* **Problem to work on**:
Write out, word for word, every line in the data below from the one containing "unfoldable pub request" to the one containing "subject = reply_subject; payload", both of them included.

* **Provided entries**:

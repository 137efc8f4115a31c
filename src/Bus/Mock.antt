-- ===== src/Bus/Mock.antt =====
-- crates/common-msgbus/src/lib.rs: MockBus, the bus in memory. A call runs at one go, except that
-- `request` waits for its response: it is two steps, between which other calls run.

pub mod Calls
pub mod Senders
pub mod Valid
pub mod Latest
pub mod Delivery
pub mod Heard
pub mod Subscriptions
pub mod Effects
pub mod Steady
pub mod Answers
pub mod Responses
use lokan_os.Prelude.{ℕ, zero, suc, ◌+◌, Option, none, some, List, [], ◌∷◌, ◌++◌, Bool, true, false}
use lokan_os.Prelude.Text.{Text, codes}
use lokan_os.Prelude.Words.{u64}
use lokan_os.Prelude.Digits.{decimal}
use lokan_os.Prelude.Result.{Result, ok, err, map_err, ◌>>=◌}
use lokan_os.Bus.Messages.{BusMessage, MsgBusError}
use lokan_os.Bus.Tokio.{Libraries}

abbrev channel_capacity : ℕ
channel_capacity = 64

abbrev pub Done : Type 0
Done = Result MsgBusError (Unit {0})

-- Result::map(|_| ())
abbrev pub forget : Result MsgBusError ℕ → Done
forget (ok n) = ok tt
forget (err e) = err e

module _ (lib : Libraries) where
  open lib use {broadcast, oneshot, senders, waiters}

  pub record MockBus : Type 0 where
    pub subjects : senders.Map
    pub pending : waiters.Map
    pub request_counter : ℕ
    pub channels : broadcast.Channels
    pub slots : oneshot.Slots

  pub record Subscription : Type 0 where
    pub subject : Text
    pub inner : broadcast.Receiver

  -- A request that waits for its response.
  pub record Waiting : Type 0 where
    pub reply_subject : Text
    pub rx : oneshot.Receiver

  unfoldable pub new : MockBus
  new = record {
    subjects = senders.empty;
    pending = waiters.empty;
    request_counter = 0;
    channels = broadcast.no_channels;
    slots = oneshot.no_slots;
  }

  -- map.entry(subject)
  enter : MockBus → Text → broadcast.Sender → Option broadcast.Sender → MockBus × broadcast.Sender
  enter bus subject tx (some existing) = (bus, existing)
  enter bus subject tx none = (record bus { subjects = senders.insert bus.subjects subject tx }, tx)

  find_or_make : MockBus → Text → Option broadcast.Sender → MockBus × broadcast.Sender
  unfolding enter
  find_or_make bus subject (some existing) = (bus, existing)
  find_or_make bus subject none =
      let (channels, tx) = broadcast.channel bus.channels channel_capacity in
      enter (record bus { channels = channels }) subject tx (senders.get bus.subjects subject)

  unfoldable pub ensure_subject : MockBus → Text → MockBus × broadcast.Sender
  unfolding find_or_make
  ensure_subject bus subject = find_or_make bus subject (senders.get bus.subjects subject)

  -- The sender of the subject sends the message.
  unfoldable pub send_message : MockBus → BusMessage → (Text → MsgBusError) → MockBus × Done
  unfolding ensure_subject
  send_message bus message error =
      let (entered, sender) = ensure_subject bus message.subject in
      let (channels, sent) = broadcast.send entered.channels sender message in
      (record entered { channels = channels }, forget (map_err error sent))

  unfoldable pub next_reply_subject : MockBus → MockBus × Text
  next_reply_subject bus = (
    record bus { request_counter = u64 (bus.request_counter + 1) },
    codes "inproc.reply." ++ decimal bus.request_counter,
  )

  unfoldable pub publish : MockBus → Text → List ℕ → MockBus × Done
  unfolding send_message
  publish bus subject payload =
      send_message bus (record { subject = subject; payload = payload; reply = none })
        MsgBusError.publish

  unfoldable pub subscribe : MockBus → Text → MockBus × Result MsgBusError Subscription
  unfolding ensure_subject
  subscribe bus subject =
      let (entered, sender) = ensure_subject bus subject in
      let (channels, receiver) = broadcast.subscribe entered.channels sender in
      (record entered { channels = channels }, ok record { subject = subject; inner = receiver })

  -- DashMap::insert, which drops the waiter that was there.
  pub insert_waiter : MockBus → Text → oneshot.Sender → Option oneshot.Sender → MockBus
  insert_waiter bus key tx none = record bus { pending = waiters.insert bus.pending key tx }
  insert_waiter bus key tx (some old) = record bus {
    pending = waiters.insert bus.pending key tx;
    slots = oneshot.drop bus.slots old;
  }

  -- A request that could not be sent drops its receiver.
  pub wait_for : MockBus → Waiting → Done → MockBus × Result MsgBusError Waiting
  wait_for bus waiting (ok _) = (bus, ok waiting)
  wait_for bus waiting (err e) = (record bus { slots = oneshot.close bus.slots waiting.rx }, err e)

  -- `request` up to where it waits.
  unfoldable pub request : MockBus → Text → List ℕ → MockBus × Result MsgBusError Waiting
  unfolding next_reply_subject insert_waiter send_message wait_for
  request bus subject payload =
      let (slots, tx, rx) = oneshot.channel bus.slots in
      let (counted, reply_subject) = next_reply_subject (record bus { slots = slots }) in
      let waiting =
        insert_waiter counted reply_subject tx (waiters.get counted.pending reply_subject) in
      let (after, sent) =
        send_message waiting
          (record { subject = subject; payload = payload; reply = some reply_subject })
          MsgBusError.request in
      wait_for after (record { reply_subject = reply_subject; rx = rx }) sent

  abbrev respond_message : Text → Result Text (List ℕ) → Result MsgBusError BusMessage
  respond_message reply_subject answer = map_err MsgBusError.request answer >>= λ payload.
      ok record { subject = reply_subject; payload = payload; reply = none }

  -- `request` from there: `none` is Pending.
  unfoldable pub response : MockBus → Waiting → Option (Result MsgBusError BusMessage)
  response bus waiting = elim (oneshot.poll bus.slots waiting.rx) [
    | none ↦ none
    | some answer ↦ some (respond_message waiting.reply_subject answer)
  ]

  -- The future of a request is dropped while it waits.
  unfoldable pub cancel : MockBus → Waiting → MockBus
  cancel bus waiting = record bus { slots = oneshot.close bus.slots waiting.rx }

  abbrev taken : Bool → Done
  taken true = ok tt
  taken false = err (MsgBusError.request (codes "pending request dropped"))

  pub respond_through : MockBus → Text → List ℕ → Option oneshot.Sender → MockBus × Done
  unfolding send_message
  respond_through bus reply_to payload (some waiter) =
      let (slots, sent) = oneshot.send bus.slots waiter payload in
      (record bus { pending = waiters.remove bus.pending reply_to; slots = slots }, taken sent)
  respond_through bus reply_to payload none =
      send_message bus (record { subject = reply_to; payload = payload; reply = none })
        (λ _. MsgBusError.unknown_reply_subject reply_to)

  unfoldable pub respond : MockBus → Text → List ℕ → MockBus × Done
  unfolding respond_through
  respond bus reply_to payload =
      respond_through bus reply_to payload (waiters.get bus.pending reply_to)

  pub next_after :
      ℕ → MockBus → Subscription → Option (Result ℕ BusMessage) → MockBus × Option BusMessage
  next_after fuel bus subscription none = (bus, none)
  next_after fuel bus subscription (some (ok message)) = (bus, some message)
  next_after zero bus subscription (some (err missed)) = (bus, none)
  next_after (suc fuel) bus subscription (some (err missed)) =
      let (channels, item) = broadcast.poll bus.channels subscription.inner in
      next_after fuel (record bus { channels = channels }) subscription item

  -- Subscription::poll_next, whose `filter_map` drops the notes on messages that were missed.
  unfoldable pub poll_next : MockBus → Subscription → MockBus × Option BusMessage
  unfolding next_after
  poll_next bus subscription =
      let (channels, item) = broadcast.poll bus.channels subscription.inner in
      next_after 1 (record bus { channels = channels }) subscription item
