-- ===== src/Bus/Mock/Calls.antt =====
-- crates/common-msgbus/src/lib.rs: the calls of MockBus as a sequence.
use lokan_os.Prelude.{ℕ, List, [], ◌∷◌}
use lokan_os.Prelude.Text.{Text}
use lokan_os.Bus.Tokio.{Libraries}
use lokan_os.Bus.Mock
use lokan_os.Bus.Mock.{MockBus, Subscription, Waiting}

module _ (lib : Libraries) where
  -- What a client of the bus can do.
  pub data Call : Type 0 where
    publish : Text → List ℕ → Call
    subscribe : Text → Call
    request : Text → List ℕ → Call
    cancel : Waiting lib → Call
    respond : Text → List ℕ → Call
    poll_next : Subscription lib → Call

  unfoldable pub step : MockBus lib → Call → MockBus lib
  unfolding Mock.publish Mock.subscribe Mock.request Mock.cancel Mock.respond Mock.poll_next
  step bus (Call.publish subject payload) = (Mock.publish lib bus subject payload).0
  step bus (Call.subscribe subject) = (Mock.subscribe lib bus subject).0
  step bus (Call.request subject payload) = (Mock.request lib bus subject payload).0
  step bus (Call.cancel waiting) = Mock.cancel lib bus waiting
  step bus (Call.respond reply_to payload) = (Mock.respond lib bus reply_to payload).0
  step bus (Call.poll_next subscription) = (Mock.poll_next lib bus subscription).0

  unfoldable pub run : MockBus lib → List Call → MockBus lib
  unfolding step
  run bus [] = bus
  run bus (call ∷ calls) = run (step bus call) calls
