-- ===== src/Bus/Mock/Senders.antt =====
-- crates/common-msgbus/src/lib.rs: each subject of MockBus keeps a channel of its own.
use lokan_os.Prelude.{
  suc, ◌<◌, ◌≡◌, refl, sym, ap, ◌∙◌, ◌^◌, none, some, arith, if◌then◌else◌, ◌⊎◌, inl, inr,
  Option-cases, Bool-cases,
}
use lokan_os.Prelude.Text.{Text, codes_eq}
use lokan_os.Prelude.Keys.{codes_eq_iff, codes_eq_refl}
use lokan_os.Bus.Tokio.{Libraries}
use lokan_os.Bus.Mock.{MockBus, enter, find_or_make, ensure_subject, new}

module _ (lib : Libraries) where
  open lib use {broadcast, senders}

  -- The channels of the subjects are made, have 64 places, and differ.
  pub record IsValid (bus : MockBus lib) : Type 0 where
    pub made :
        (s : Text) (c : broadcast.Sender)
        → senders.get bus.subjects s ≡ some c
        → (broadcast.number c < broadcast.count bus.channels) × (broadcast.room c ≡ 64)
    pub apart :
        (s t : Text) (c d : broadcast.Sender)
        → senders.get bus.subjects s ≡ some c
        → senders.get bus.subjects t ≡ some d
        → broadcast.number c ≡ broadcast.number d
        → s ≡ t

  pub new-IsValid : IsValid (new lib)
  unfolding new
  new-IsValid = record {
    made = λ s c h. ground (arith, senders.get-empty s);
    apart = λ s t c d h g e. ground (arith, senders.get-empty s);
  }

  -- What `ensure_subject` gives: the sender of the subject, with all else as it was.
  pub record Ensured (bus : MockBus lib) (s : Text) (e : MockBus lib × broadcast.Sender)
      : Type 0 where
    pub entered : senders.get e.0.subjects s ≡ some e.1
    pub kept :
        (t : Text) (c : broadcast.Sender)
        → senders.get bus.subjects t ≡ some c
        → senders.get e.0.subjects t ≡ some c
    pub valid : IsValid e.0
    pub views :
        (r : broadcast.Receiver) → broadcast.view e.0.channels r ≡ broadcast.view bus.channels r
    pub receivers : broadcast.receivers e.0.channels ≡ broadcast.receivers bus.channels
    pub pending : e.0.pending ≡ bus.pending
    pub slots : e.0.slots ≡ bus.slots
    pub counter : e.0.request_counter ≡ bus.request_counter

  module _ (bus : MockBus lib) (s : Text) (v : IsValid bus)
      (missing : senders.get bus.subjects s ≡ none) where
    made_pair : MockBus lib × broadcast.Sender
    made_pair = (
      record bus {
        channels = (broadcast.channel bus.channels (2 ^ 6)).0;
        subjects = senders.insert bus.subjects s (broadcast.channel bus.channels (2 ^ 6)).1;
      },
      (broadcast.channel bus.channels (2 ^ 6)).1,
    )

    get-made :
        (t : Text)
        → senders.get made_pair.0.subjects t
          ≡ (if codes_eq s t then some made_pair.1 else senders.get bus.subjects t)
    unfolding made_pair
    get-made t = senders.get-insert bus.subjects s _ t

    -- What stands under a subject is the new sender, or was there.
    old_or_new :
        (t : Text) (c : broadcast.Sender)
        → senders.get made_pair.0.subjects t ≡ some c
        → ((s ≡ t) × (c ≡ made_pair.1)) ⊎ (senders.get bus.subjects t ≡ some c)
    old_or_new t c h = elim (Bool-cases (codes_eq s t)) [
      | inl same ↦ inl ((codes_eq_iff s t).0 same, ground (arith, get-made t))
      | inr other ↦ inr (ground (arith, get-made t))
    ]

    number-made : broadcast.number made_pair.1 ≡ broadcast.count bus.channels
    unfolding made_pair
    number-made = broadcast.number-channel bus.channels (2 ^ 6)

    count-made : broadcast.count made_pair.0.channels ≡ suc (broadcast.count bus.channels)
    unfolding made_pair
    count-made = broadcast.count-channel bus.channels (2 ^ 6)

    room-made : broadcast.room made_pair.1 ≡ 64
    unfolding made_pair
    room-made = broadcast.room-channel bus.channels 6

    made_pair-made :
        (t : Text) (c : broadcast.Sender)
        → senders.get made_pair.0.subjects t ≡ some c
        → (broadcast.number c < broadcast.count made_pair.0.channels) × (broadcast.room c ≡ 64)
    made_pair-made t c h = elim (old_or_new t c h) [
      | inl (same, e) ↦ rw (e, number-made, count-made, room-made) (omega arith, refl)
      | inr old ↦ rw count-made (ground (arith, v.made t c old))
    ]

    made_pair-apart :
        (t u : Text) (c d : broadcast.Sender)
        → senders.get made_pair.0.subjects t ≡ some c
        → senders.get made_pair.0.subjects u ≡ some d
        → broadcast.number c ≡ broadcast.number d
        → t ≡ u
    made_pair-apart t u c d h g e = elim (old_or_new t c h) [
      | inl (st, cm) ↦ elim (old_or_new u d g) [
        | inl (su, dm) ↦ sym st ∙ su
        | inr old ↦ absurd (omega (arith, v.made u d old, number-made, ap broadcast.number cm))
      ]
      | inr old ↦ elim (old_or_new u d g) [
        | inl (su, dm) ↦ absurd (omega (arith, v.made t c old, number-made, ap broadcast.number dm))
        | inr old' ↦ v.apart t u c d old old' e
      ]
    ]

    made_pair-Ensured : Ensured bus s made_pair
    unfolding made_pair
    made_pair-Ensured = record {
      entered = rw (get-made s, codes_eq_refl s) refl;
      kept = λ t c h. get-made t ∙ ground (arith, codes_eq_iff s t);
      valid = record { made = made_pair-made; apart = made_pair-apart };
      views = broadcast.view-channel bus.channels (2 ^ 6);
      receivers = broadcast.receivers-channel bus.channels (2 ^ 6);
      pending = refl;
      slots = refl;
      counter = refl;
    }

  pub ensure_subject-Ensured :
      (bus : MockBus lib) (s : Text) → IsValid bus → Ensured bus s (ensure_subject lib bus s)
  unfolding ensure_subject made_pair
  ensure_subject-Ensured bus s v = elim (Option-cases (senders.get bus.subjects s)) [
    | inl missing ↦
        rw (missing, find_or_make) (rw (missing, enter) (made_pair-Ensured bus s v missing))
    | inr (c, there) ↦
        rw (there, find_or_make)
          (record {
            entered = there;
            kept = λ t d h. h;
            valid = v;
            views = λ r. refl;
            receivers = refl;
            pending = refl;
            slots = refl;
            counter = refl;
          })
  ]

* **Response**:
  unfoldable pub request : MockBus → Text → List ℕ → MockBus × Result MsgBusError Waiting
  unfolding next_reply_subject insert_waiter send_message wait_for
  request bus subject payload =
      let (slots, tx, rx) = oneshot.channel bus.slots in
      let (counted, reply_subject) = next_reply_subject (record bus { slots = slots }) in
      let waiting =
        insert_waiter counted reply_subject tx (waiters.get counted.pending reply_subject) in
      let (after, sent) =
        send_message waiting
          (record { subject = subject; payload = payload; reply = some reply_subject })
          MsgBusError.request in
      wait_for after (record { reply_subject = reply_subject; rx = rx }) sent

  abbrev respond_message : Text → Result Text (List ℕ) → Result MsgBusError BusMessage
  respond_message reply_subject answer = map_err MsgBusError.request answer >>= λ payload.
      ok record { subject = reply_subject; payload = payload; reply = none }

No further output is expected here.